Start of Listed records

-- ===== src/Sip.antt =====
-- internal/sip/sip.go and internal/enums/sip_type_enum.go: the package types and their paths.
pub mod Laws
pub mod Names
pub mod Tests
use preprocessing_sfa.Prelude.{String, Bool, true, false, ◌||◌, Option, none, some, List, [], ◌∷◌}
use preprocessing_sfa.Prelude.Text.{◌==◌, ◌+s◌, if◌then◌else◌}
use preprocessing_sfa.FilePath
use preprocessing_sfa.FileSystem.{Fs, Result, ok, err, file_exists, find_filename}

pub data SipType : Type 0 where
  digitized_aip digitized_sip born_digital_aip born_digital_sip : SipType

-- `SIPType.String`, the cast of an enumerated value to its text. A Go variable of the type may hold any
-- other text; the program makes only these four.
unfoldable pub to_string : SipType → String
to_string digitized_aip = "DigitizedAIP"
to_string digitized_sip = "DigitizedSIP"
to_string born_digital_aip = "BornDigitalAIP"
to_string born_digital_sip = "BornDigitalSIP"

-- `ParseSIPType`: a lookup in `_SIPTypeValue`.
unfoldable pub parse_sip_type : String → Option SipType
parse_sip_type name =
    if name == "DigitizedAIP"
    then some digitized_aip
    else if name == "DigitizedSIP"
    then some digitized_sip
    else if name == "BornDigitalAIP"
    then some born_digital_aip
    else if name == "BornDigitalSIP"
    then some born_digital_sip
    else none

pub record Sip : Type 0 where
  pub sip_type : SipType
  pub path : String
  pub content_path : String
  pub logical_md_path : String
  pub manifest_path : String
  pub metadata_path : String
  pub updated_arelda_md_path : String
  pub xsd_path : String
  pub top_level_paths : List String

-- `SIP.Name`.
unfoldable pub name : Sip → String
name s = FilePath.base s.path

abbrev type_is_aip : SipType → Bool
type_is_aip born_digital_aip = true
type_is_aip digitized_aip = true
type_is_aip _ = false

abbrev type_is_sip : SipType → Bool
type_is_sip born_digital_sip = true
type_is_sip digitized_sip = true
type_is_sip _ = false

unfoldable pub is_aip : Sip → Bool
is_aip s = type_is_aip s.sip_type

unfoldable pub is_sip : Sip → Bool
is_sip s = type_is_sip s.sip_type

-- The methods `digitizedAIP` and `digitizedSIP` on the value that `New` has begun: its path is set
-- and all else is the zero value.
unfoldable pub digitized_aip_at : String → Sip
digitized_aip_at path =
    let updated = FilePath.join (path ∷ "additional" ∷ "UpdatedAreldaMetadata.xml" ∷ []) in
    record {
      sip_type = digitized_aip;
      path = path;
      content_path = FilePath.join (path ∷ "content" ∷ "content" ∷ []);
      logical_md_path =
          FilePath.join (path ∷ "additional" ∷ (FilePath.base path +s "-premis.xml") ∷ []);
      manifest_path = updated;
      metadata_path =
          FilePath.join (path ∷ "content" ∷ "header" ∷ "old" ∷ "SIP" ∷ "metadata.xml" ∷ []);
      updated_arelda_md_path = updated;
      xsd_path = FilePath.join (path ∷ "content" ∷ "header" ∷ "xsd" ∷ "arelda.xsd" ∷ []);
      top_level_paths =
          FilePath.join (path ∷ "content" ∷ []) ∷ FilePath.join (path ∷ "additional" ∷ []) ∷ [];
    }

unfoldable pub digitized_sip_at : String → Sip
digitized_sip_at path =
    let metadata = FilePath.join (path ∷ "header" ∷ "metadata.xml" ∷ []) in
    record {
      sip_type = digitized_sip;
      path = path;
      content_path = FilePath.join (path ∷ "content" ∷ []);
      logical_md_path = "";
      manifest_path = metadata;
      metadata_path = metadata;
      updated_arelda_md_path = "";
      xsd_path = FilePath.join (path ∷ "header" ∷ "xsd" ∷ "arelda.xsd" ∷ []);
      top_level_paths =
          FilePath.join (path ∷ "content" ∷ []) ∷ FilePath.join (path ∷ "header" ∷ []) ∷ [];
    }

unfoldable pub born_digital_aip_at : String → Sip
unfolding digitized_aip_at
born_digital_aip_at path = let s = digitized_aip_at path in record s { sip_type = born_digital_aip }

unfoldable pub born_digital_sip_at : String → Sip
unfolding digitized_sip_at
born_digital_sip_at path = let s = digitized_sip_at path in record s { sip_type = born_digital_sip }

abbrev pub is_found : List String → Bool
is_found [] = false
is_found (_ ∷ _) = true

-- The four cases at the end of `New`.
unfoldable pub classify : Bool → Bool → String → Sip
unfolding digitized_aip_at digitized_sip_at born_digital_aip_at born_digital_sip_at
classify true true path = digitized_aip_at path
classify true false path = digitized_sip_at path
classify false true path = born_digital_aip_at path
classify false false path = born_digital_sip_at path

-- `New`.
unfoldable pub new : Fs → String → Result Sip
unfolding classify file_exists find_filename
new fs path = elim (fs.stat path) [
  | some e ↦ err ("SIP: New: " +s e)
  | none ↦ elim (find_filename fs path "Prozess_Digitalisierung_PREMIS.xml") [
    | err e ↦ err ("SIP: New: " +s e)
    | ok found ↦
        ok (
          classify (is_found found) (file_exists fs (FilePath.join (path ∷ "additional" ∷ [])))
            path)
  ]
]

End of Listed records

■ **Work to complete**
Each line of the records should be repeated exactly as it stands.

■ **Result of this exercise**
-- ===== src/Sip.antt =====
-- internal/sip/sip.go and internal/enums/sip_type_enum.go: the package types and their paths.
pub mod Laws
pub mod Names
pub mod Tests
use preprocessing_sfa.Prelude.{String, Bool, true, false, ◌||◌, Option, none, some, List, [], ◌∷◌}
use preprocessing_sfa.Prelude.Text.{◌==◌, ◌+s◌, if◌then◌else◌}
use preprocessing_sfa.FilePath
use preprocessing_sfa.FileSystem.{Fs, Result, ok, err, file_exists, find_filename}

pub data SipType : Type 0 where
  digitized_aip digitized_sip born_digital_aip born_digital_sip : SipType

-- `SIPType.String`, the cast of an enumerated value to its text. A Go variable of the type may hold any
-- other text; the program makes only these four.
unfoldable pub to_string : SipType → String
to_string digitized_aip = "DigitizedAIP"
to_string digitized_sip = "DigitizedSIP"
to_string born_digital_aip = "BornDigitalAIP"
to_string born_digital_sip = "BornDigitalSIP"

-- `ParseSIPType`: a lookup in `_SIPTypeValue`.
unfoldable pub parse_sip_type : String → Option SipType
parse_sip_type name =
    if name == "DigitizedAIP"
    then some digitized_aip
    else if name == "DigitizedSIP"
    then some digitized_sip
    else if name == "BornDigitalAIP"
    then some born_digital_aip
    else if name == "BornDigitalSIP"
    then some born_digital_sip
    else none

pub record Sip : Type 0 where
  pub sip_type : SipType
  pub path : String
  pub content_path : String
  pub logical_md_path : String
  pub manifest_path : String
  pub metadata_path : String
  pub updated_arelda_md_path : String
  pub xsd_path : String
  pub top_level_paths : List String

-- `SIP.Name`.
unfoldable pub name : Sip → String
name s = FilePath.base s.path

abbrev type_is_aip : SipType → Bool
type_is_aip born_digital_aip = true
type_is_aip digitized_aip = true
type_is_aip _ = false

abbrev type_is_sip : SipType → Bool
type_is_sip born_digital_sip = true
type_is_sip digitized_sip = true
type_is_sip _ = false

unfoldable pub is_aip : Sip → Bool
is_aip s = type_is_aip s.sip_type

unfoldable pub is_sip : Sip → Bool
is_sip s = type_is_sip s.sip_type

-- The methods `digitizedAIP` and `digitizedSIP` on the value that `New` has begun: its path is set
-- and all else is the zero value.
unfoldable pub digitized_aip_at : String → Sip
digitized_aip_at path =
    let updated = FilePath.join (path ∷ "additional" ∷ "UpdatedAreldaMetadata.xml" ∷ []) in
    record {
      sip_type = digitized_aip;
      path = path;
      content_path = FilePath.join (path ∷ "content" ∷ "content" ∷ []);
      logical_md_path =
          FilePath.join (path ∷ "additional" ∷ (FilePath.base path +s "-premis.xml") ∷ []);
      manifest_path = updated;
      metadata_path =
          FilePath.join (path ∷ "content" ∷ "header" ∷ "old" ∷ "SIP" ∷ "metadata.xml" ∷ []);
      updated_arelda_md_path = updated;
      xsd_path = FilePath.join (path ∷ "content" ∷ "header" ∷ "xsd" ∷ "arelda.xsd" ∷ []);
      top_level_paths =
          FilePath.join (path ∷ "content" ∷ []) ∷ FilePath.join (path ∷ "additional" ∷ []) ∷ [];
    }

unfoldable pub digitized_sip_at : String → Sip
digitized_sip_at path =
    let metadata = FilePath.join (path ∷ "header" ∷ "metadata.xml" ∷ []) in
    record {
      sip_type = digitized_sip;
      path = path;
      content_path = FilePath.join (path ∷ "content" ∷ []);
      logical_md_path = "";
      manifest_path = metadata;
      metadata_path = metadata;
      updated_arelda_md_path = "";
      xsd_path = FilePath.join (path ∷ "header" ∷ "xsd" ∷ "arelda.xsd" ∷ []);
      top_level_paths =
          FilePath.join (path ∷ "content" ∷ []) ∷ FilePath.join (path ∷ "header" ∷ []) ∷ [];
    }

unfoldable pub born_digital_aip_at : String → Sip
unfolding digitized_aip_at
born_digital_aip_at path = let s = digitized_aip_at path in record s { sip_type = born_digital_aip }

unfoldable pub born_digital_sip_at : String → Sip
unfolding digitized_sip_at
born_digital_sip_at path = let s = digitized_sip_at path in record s { sip_type = born_digital_sip }

abbrev pub is_found : List String → Bool
is_found [] = false
is_found (_ ∷ _) = true

-- The four cases at the end of `New`.
unfoldable pub classify : Bool → Bool → String → Sip
unfolding digitized_aip_at digitized_sip_at born_digital_aip_at born_digital_sip_at
classify true true path = digitized_aip_at path
classify true false path = digitized_sip_at path
classify false true path = born_digital_aip_at path
classify false false path = born_digital_sip_at path

-- `New`.
unfoldable pub new : Fs → String → Result Sip
unfolding classify file_exists find_filename
new fs path = elim (fs.stat path) [
  | some e ↦ err ("SIP: New: " +s e)
  | none ↦ elim (find_filename fs path "Prozess_Digitalisierung_PREMIS.xml") [
    | err e ↦ err ("SIP: New: " +s e)
    | ok found ↦
        ok (
          classify (is_found found) (file_exists fs (FilePath.join (path ∷ "additional" ∷ [])))
            path)
  ]
]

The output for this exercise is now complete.